▶ **Your objective**
Please repeat the records exactly from their first line, finishing at the line containing "(λ db e. omega (arith, prepare_market-reserved" and including it.

▶ **Input**
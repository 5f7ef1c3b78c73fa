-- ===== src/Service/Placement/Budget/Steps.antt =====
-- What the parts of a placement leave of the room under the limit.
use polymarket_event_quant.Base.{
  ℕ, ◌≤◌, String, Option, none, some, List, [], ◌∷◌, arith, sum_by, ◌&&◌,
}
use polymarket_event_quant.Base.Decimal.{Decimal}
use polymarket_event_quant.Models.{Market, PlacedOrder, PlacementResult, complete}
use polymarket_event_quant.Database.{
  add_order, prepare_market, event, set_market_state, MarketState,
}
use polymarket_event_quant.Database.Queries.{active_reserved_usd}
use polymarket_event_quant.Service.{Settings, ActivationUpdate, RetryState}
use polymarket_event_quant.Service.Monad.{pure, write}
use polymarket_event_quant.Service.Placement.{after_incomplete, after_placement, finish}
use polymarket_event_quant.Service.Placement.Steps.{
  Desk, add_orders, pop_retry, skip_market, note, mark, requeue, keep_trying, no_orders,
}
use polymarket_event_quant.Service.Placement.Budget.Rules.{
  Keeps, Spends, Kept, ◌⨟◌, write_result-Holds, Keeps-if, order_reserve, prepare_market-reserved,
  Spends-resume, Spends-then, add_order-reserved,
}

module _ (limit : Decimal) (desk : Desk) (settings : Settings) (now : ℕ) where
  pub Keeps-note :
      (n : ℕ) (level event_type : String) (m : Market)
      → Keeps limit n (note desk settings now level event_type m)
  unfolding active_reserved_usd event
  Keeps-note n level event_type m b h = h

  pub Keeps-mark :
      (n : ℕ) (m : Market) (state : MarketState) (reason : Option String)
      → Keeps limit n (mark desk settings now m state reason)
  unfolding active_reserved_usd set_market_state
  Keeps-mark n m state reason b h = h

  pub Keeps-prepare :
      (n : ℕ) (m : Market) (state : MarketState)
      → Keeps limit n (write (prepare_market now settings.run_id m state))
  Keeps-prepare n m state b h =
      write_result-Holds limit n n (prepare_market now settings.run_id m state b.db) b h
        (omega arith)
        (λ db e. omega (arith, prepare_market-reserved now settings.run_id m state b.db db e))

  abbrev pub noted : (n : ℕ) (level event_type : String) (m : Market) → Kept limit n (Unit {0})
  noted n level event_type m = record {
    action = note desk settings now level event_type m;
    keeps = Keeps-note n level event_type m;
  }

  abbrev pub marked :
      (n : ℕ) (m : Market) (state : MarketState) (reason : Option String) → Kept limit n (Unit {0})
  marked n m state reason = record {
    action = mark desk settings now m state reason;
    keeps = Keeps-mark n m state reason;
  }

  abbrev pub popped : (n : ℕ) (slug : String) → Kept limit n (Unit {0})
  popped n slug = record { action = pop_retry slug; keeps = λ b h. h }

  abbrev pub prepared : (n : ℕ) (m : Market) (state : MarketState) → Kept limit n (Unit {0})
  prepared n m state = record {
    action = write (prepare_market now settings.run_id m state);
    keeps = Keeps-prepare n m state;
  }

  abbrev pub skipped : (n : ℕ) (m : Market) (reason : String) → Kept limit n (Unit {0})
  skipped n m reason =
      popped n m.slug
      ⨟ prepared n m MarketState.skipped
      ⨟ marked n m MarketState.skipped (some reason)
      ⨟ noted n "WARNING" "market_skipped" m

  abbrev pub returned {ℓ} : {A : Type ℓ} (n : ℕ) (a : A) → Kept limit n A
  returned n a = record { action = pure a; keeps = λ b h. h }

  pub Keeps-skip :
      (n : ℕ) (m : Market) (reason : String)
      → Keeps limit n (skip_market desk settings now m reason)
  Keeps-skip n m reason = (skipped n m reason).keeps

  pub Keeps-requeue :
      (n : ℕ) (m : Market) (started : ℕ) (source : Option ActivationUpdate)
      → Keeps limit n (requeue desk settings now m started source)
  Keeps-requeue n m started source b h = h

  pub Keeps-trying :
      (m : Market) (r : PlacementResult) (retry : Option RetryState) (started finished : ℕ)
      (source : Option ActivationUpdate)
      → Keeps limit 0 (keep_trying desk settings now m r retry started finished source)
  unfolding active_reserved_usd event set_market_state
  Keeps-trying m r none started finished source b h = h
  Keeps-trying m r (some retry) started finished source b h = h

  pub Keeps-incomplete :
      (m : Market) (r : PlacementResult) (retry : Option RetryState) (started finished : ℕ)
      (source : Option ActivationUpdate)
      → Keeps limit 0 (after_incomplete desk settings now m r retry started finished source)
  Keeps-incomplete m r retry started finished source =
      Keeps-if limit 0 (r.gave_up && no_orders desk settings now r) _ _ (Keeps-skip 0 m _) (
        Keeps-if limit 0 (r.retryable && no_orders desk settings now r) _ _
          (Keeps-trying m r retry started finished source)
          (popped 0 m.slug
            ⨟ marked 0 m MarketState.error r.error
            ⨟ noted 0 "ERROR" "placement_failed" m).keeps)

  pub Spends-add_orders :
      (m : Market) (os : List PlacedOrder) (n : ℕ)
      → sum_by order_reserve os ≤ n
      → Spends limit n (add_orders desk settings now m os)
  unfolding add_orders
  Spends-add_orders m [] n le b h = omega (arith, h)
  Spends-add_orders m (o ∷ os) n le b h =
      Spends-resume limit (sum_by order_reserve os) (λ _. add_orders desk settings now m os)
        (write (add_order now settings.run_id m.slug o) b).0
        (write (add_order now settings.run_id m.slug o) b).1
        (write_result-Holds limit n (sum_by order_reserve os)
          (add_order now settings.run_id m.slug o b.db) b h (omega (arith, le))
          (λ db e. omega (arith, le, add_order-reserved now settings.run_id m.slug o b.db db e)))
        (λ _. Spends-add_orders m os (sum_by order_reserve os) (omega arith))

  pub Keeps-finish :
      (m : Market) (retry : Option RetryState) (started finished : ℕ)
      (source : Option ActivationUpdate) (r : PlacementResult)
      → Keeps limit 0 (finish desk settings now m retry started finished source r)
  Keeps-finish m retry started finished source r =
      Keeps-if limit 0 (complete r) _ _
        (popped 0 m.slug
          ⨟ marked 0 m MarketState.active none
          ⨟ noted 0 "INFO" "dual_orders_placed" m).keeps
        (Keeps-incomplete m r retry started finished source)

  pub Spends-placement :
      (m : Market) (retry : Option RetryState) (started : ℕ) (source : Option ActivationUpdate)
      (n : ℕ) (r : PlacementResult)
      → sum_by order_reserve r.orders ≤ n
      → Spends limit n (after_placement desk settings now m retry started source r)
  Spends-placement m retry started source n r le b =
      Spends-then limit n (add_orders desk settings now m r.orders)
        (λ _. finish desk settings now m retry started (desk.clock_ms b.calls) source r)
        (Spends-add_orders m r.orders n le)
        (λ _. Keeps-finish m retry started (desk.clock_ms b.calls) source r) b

▶ **Solution to this task**
repository 5f7ef1c3b78c73fa
-- ===== src/Service/Placement/Budget/Steps.antt =====
-- What the parts of a placement leave of the room under the limit.
use polymarket_event_quant.Base.{
  ℕ, ◌≤◌, String, Option, none, some, List, [], ◌∷◌, arith, sum_by, ◌&&◌,
}
use polymarket_event_quant.Base.Decimal.{Decimal}
use polymarket_event_quant.Models.{Market, PlacedOrder, PlacementResult, complete}
use polymarket_event_quant.Database.{
  add_order, prepare_market, event, set_market_state, MarketState,
}
use polymarket_event_quant.Database.Queries.{active_reserved_usd}
use polymarket_event_quant.Service.{Settings, ActivationUpdate, RetryState}
use polymarket_event_quant.Service.Monad.{pure, write}
use polymarket_event_quant.Service.Placement.{after_incomplete, after_placement, finish}
use polymarket_event_quant.Service.Placement.Steps.{
  Desk, add_orders, pop_retry, skip_market, note, mark, requeue, keep_trying, no_orders,
}
use polymarket_event_quant.Service.Placement.Budget.Rules.{
  Keeps, Spends, Kept, ◌⨟◌, write_result-Holds, Keeps-if, order_reserve, prepare_market-reserved,
  Spends-resume, Spends-then, add_order-reserved,
}

module _ (limit : Decimal) (desk : Desk) (settings : Settings) (now : ℕ) where
  pub Keeps-note :
      (n : ℕ) (level event_type : String) (m : Market)
      → Keeps limit n (note desk settings now level event_type m)
  unfolding active_reserved_usd event
  Keeps-note n level event_type m b h = h

  pub Keeps-mark :
      (n : ℕ) (m : Market) (state : MarketState) (reason : Option String)
      → Keeps limit n (mark desk settings now m state reason)
  unfolding active_reserved_usd set_market_state
  Keeps-mark n m state reason b h = h

  pub Keeps-prepare :
      (n : ℕ) (m : Market) (state : MarketState)
      → Keeps limit n (write (prepare_market now settings.run_id m state))
  Keeps-prepare n m state b h =
      write_result-Holds limit n n (prepare_market now settings.run_id m state b.db) b h
        (omega arith)
        (λ db e. omega (arith, prepare_market-reserved now settings.run_id m state b.db db e))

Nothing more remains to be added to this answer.